- YOUR GOAL -
Somewhere below, one line contains "repository 2acb2e3f775bd74f" and a later line contains "true) whole old". Output those two lines and everything between them exactly, and nothing else.

START RECORDS

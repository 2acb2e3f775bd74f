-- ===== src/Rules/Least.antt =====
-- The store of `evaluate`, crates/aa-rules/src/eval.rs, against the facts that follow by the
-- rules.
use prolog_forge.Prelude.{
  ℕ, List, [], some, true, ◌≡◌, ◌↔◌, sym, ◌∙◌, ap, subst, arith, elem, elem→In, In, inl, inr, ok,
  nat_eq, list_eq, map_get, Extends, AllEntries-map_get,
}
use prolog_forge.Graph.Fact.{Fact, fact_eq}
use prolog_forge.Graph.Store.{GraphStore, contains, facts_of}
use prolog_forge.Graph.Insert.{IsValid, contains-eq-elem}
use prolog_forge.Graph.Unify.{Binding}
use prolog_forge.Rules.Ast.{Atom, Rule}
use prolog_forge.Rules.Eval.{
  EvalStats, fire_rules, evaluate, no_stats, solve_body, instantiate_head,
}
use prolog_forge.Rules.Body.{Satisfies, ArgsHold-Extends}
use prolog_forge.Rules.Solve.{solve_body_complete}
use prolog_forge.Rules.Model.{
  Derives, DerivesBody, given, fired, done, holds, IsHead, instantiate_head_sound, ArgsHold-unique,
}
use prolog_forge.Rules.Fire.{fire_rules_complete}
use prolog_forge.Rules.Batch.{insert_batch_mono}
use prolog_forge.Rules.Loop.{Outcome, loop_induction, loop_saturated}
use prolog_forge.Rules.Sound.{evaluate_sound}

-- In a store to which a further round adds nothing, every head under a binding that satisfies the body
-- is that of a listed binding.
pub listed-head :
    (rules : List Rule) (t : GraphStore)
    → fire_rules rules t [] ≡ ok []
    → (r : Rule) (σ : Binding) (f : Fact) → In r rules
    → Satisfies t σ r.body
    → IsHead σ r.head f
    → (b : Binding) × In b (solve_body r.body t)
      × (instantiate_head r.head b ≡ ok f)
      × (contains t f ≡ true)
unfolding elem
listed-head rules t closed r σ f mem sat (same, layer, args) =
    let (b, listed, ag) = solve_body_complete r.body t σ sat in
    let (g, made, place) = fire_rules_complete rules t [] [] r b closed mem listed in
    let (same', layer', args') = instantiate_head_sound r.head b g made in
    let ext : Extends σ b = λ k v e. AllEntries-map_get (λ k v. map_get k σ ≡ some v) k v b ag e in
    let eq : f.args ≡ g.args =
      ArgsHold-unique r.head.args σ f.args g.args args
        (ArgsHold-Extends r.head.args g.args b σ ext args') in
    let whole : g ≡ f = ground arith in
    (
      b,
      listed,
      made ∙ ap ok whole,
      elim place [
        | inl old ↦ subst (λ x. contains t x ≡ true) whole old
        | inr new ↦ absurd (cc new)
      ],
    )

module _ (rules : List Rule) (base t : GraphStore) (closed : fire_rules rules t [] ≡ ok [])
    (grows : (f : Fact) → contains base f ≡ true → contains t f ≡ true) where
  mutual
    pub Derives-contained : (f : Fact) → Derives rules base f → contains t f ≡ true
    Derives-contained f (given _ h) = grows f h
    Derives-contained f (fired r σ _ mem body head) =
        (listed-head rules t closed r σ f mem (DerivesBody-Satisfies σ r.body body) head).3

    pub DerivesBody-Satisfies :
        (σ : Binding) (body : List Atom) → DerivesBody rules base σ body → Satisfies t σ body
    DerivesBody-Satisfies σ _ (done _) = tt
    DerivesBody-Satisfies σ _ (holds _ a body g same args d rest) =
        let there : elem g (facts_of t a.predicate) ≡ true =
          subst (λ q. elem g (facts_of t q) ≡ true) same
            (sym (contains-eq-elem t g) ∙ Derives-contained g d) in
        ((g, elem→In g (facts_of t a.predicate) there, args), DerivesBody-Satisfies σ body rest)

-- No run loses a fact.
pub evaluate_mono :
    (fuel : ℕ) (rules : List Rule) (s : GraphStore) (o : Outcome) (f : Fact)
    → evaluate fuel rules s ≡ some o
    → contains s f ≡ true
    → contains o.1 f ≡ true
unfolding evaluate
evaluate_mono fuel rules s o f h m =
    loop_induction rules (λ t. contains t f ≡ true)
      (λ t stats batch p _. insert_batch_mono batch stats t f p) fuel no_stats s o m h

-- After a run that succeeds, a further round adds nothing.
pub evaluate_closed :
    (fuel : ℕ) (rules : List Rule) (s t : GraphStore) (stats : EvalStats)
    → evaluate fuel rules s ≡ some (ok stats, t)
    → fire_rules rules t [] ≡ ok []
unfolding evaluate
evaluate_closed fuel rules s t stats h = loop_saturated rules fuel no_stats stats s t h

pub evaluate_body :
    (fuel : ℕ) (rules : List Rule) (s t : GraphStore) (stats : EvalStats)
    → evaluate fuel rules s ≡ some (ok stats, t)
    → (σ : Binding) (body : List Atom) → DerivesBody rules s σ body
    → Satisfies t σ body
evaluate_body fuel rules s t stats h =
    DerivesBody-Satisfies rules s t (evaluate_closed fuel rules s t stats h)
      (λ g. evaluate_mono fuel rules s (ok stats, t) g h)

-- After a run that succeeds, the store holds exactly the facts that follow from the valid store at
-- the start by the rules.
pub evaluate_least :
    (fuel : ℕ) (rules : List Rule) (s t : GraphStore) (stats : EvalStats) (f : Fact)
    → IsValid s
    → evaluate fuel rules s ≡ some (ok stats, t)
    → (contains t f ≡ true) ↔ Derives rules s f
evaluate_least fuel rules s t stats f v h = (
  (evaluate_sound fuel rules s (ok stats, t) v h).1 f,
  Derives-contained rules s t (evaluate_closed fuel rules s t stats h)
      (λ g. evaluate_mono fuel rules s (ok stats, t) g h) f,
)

END RECORDS
START RECORDS

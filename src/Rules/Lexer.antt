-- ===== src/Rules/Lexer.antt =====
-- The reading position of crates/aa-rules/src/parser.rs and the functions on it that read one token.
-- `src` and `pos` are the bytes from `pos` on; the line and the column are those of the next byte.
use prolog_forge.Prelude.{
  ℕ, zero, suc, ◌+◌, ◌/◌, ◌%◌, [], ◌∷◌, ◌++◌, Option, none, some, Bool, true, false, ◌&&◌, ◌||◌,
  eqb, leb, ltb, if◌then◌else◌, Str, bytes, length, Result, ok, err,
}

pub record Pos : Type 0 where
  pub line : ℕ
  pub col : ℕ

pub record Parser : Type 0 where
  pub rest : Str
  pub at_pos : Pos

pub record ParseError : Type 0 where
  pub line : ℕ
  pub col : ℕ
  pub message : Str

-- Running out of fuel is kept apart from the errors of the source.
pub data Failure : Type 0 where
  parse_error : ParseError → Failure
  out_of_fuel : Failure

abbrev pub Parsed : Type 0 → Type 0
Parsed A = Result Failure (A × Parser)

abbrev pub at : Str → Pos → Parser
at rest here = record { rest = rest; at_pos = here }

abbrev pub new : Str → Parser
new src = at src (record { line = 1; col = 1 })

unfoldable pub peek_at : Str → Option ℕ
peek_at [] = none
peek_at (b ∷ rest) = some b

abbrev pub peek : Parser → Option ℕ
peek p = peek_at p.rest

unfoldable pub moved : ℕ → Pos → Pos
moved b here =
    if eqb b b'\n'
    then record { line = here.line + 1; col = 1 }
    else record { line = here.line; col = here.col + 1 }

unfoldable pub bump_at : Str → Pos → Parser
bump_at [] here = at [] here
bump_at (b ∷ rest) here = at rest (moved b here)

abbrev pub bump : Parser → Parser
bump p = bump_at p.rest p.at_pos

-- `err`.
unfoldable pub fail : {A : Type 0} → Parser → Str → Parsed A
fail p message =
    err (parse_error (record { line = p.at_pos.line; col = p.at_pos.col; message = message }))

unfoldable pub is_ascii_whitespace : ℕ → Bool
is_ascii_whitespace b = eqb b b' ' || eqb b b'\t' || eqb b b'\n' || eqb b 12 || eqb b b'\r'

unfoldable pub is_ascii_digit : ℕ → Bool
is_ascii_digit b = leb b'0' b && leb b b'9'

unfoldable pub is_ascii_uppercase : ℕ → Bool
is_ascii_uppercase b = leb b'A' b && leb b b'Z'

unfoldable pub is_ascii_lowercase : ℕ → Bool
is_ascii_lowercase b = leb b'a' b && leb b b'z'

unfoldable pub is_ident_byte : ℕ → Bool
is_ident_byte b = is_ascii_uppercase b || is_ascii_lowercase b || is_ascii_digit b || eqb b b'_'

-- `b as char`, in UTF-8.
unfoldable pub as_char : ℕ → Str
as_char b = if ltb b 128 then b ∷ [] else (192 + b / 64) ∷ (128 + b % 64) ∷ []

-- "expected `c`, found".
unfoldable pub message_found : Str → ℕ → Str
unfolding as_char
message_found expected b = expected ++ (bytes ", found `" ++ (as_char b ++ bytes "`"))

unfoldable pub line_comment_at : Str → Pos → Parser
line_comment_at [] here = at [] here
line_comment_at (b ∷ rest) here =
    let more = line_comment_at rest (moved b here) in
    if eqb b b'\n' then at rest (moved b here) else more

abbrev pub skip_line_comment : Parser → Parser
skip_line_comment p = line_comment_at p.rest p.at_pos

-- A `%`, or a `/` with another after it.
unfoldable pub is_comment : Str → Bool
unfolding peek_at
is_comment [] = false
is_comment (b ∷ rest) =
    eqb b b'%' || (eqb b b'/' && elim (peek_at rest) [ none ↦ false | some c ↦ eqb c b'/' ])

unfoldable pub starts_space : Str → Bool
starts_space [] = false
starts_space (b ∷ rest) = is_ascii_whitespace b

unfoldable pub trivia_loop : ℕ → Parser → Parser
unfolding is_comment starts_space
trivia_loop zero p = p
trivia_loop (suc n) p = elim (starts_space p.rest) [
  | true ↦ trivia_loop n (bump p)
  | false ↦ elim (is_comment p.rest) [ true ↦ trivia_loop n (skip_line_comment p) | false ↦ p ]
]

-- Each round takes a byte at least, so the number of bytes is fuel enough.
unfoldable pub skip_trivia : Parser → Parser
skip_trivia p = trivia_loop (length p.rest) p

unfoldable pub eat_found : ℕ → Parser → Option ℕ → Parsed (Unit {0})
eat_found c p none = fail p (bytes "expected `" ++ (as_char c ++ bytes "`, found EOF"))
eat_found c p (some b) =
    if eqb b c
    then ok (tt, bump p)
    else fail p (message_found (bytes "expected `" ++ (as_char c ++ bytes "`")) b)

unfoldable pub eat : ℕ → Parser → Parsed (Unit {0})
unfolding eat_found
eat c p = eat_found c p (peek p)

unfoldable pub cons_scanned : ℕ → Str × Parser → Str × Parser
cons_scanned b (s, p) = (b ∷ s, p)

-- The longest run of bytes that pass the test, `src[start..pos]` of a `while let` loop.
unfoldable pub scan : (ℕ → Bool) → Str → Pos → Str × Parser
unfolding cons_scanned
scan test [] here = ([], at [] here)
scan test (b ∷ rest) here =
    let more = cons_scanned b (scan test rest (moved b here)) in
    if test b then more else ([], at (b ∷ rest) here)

END RECORDS

- OUTPUT -
repository 2acb2e3f775bd74f
-- ===== src/Rules/Least.antt =====
-- The store of `evaluate`, crates/aa-rules/src/eval.rs, against the facts that follow by the
-- rules.
use prolog_forge.Prelude.{
  ℕ, List, [], some, true, ◌≡◌, ◌↔◌, sym, ◌∙◌, ap, subst, arith, elem, elem→In, In, inl, inr, ok,
  nat_eq, list_eq, map_get, Extends, AllEntries-map_get,
}
use prolog_forge.Graph.Fact.{Fact, fact_eq}
use prolog_forge.Graph.Store.{GraphStore, contains, facts_of}
use prolog_forge.Graph.Insert.{IsValid, contains-eq-elem}
use prolog_forge.Graph.Unify.{Binding}
use prolog_forge.Rules.Ast.{Atom, Rule}
use prolog_forge.Rules.Eval.{
  EvalStats, fire_rules, evaluate, no_stats, solve_body, instantiate_head,
}
use prolog_forge.Rules.Body.{Satisfies, ArgsHold-Extends}
use prolog_forge.Rules.Solve.{solve_body_complete}
use prolog_forge.Rules.Model.{
  Derives, DerivesBody, given, fired, done, holds, IsHead, instantiate_head_sound, ArgsHold-unique,
}
use prolog_forge.Rules.Fire.{fire_rules_complete}
use prolog_forge.Rules.Batch.{insert_batch_mono}
use prolog_forge.Rules.Loop.{Outcome, loop_induction, loop_saturated}
use prolog_forge.Rules.Sound.{evaluate_sound}

-- In a store to which a further round adds nothing, every head under a binding that satisfies the body
-- is that of a listed binding.
pub listed-head :
    (rules : List Rule) (t : GraphStore)
    → fire_rules rules t [] ≡ ok []
    → (r : Rule) (σ : Binding) (f : Fact) → In r rules
    → Satisfies t σ r.body
    → IsHead σ r.head f
    → (b : Binding) × In b (solve_body r.body t)
      × (instantiate_head r.head b ≡ ok f)
      × (contains t f ≡ true)
unfolding elem
listed-head rules t closed r σ f mem sat (same, layer, args) =
    let (b, listed, ag) = solve_body_complete r.body t σ sat in
    let (g, made, place) = fire_rules_complete rules t [] [] r b closed mem listed in
    let (same', layer', args') = instantiate_head_sound r.head b g made in
    let ext : Extends σ b = λ k v e. AllEntries-map_get (λ k v. map_get k σ ≡ some v) k v b ag e in
    let eq : f.args ≡ g.args =
      ArgsHold-unique r.head.args σ f.args g.args args
        (ArgsHold-Extends r.head.args g.args b σ ext args') in
    let whole : g ≡ f = ground arith in
    (
      b,
      listed,
      made ∙ ap ok whole,
      elim place [
        | inl old ↦ subst (λ x. contains t x ≡ true) whole old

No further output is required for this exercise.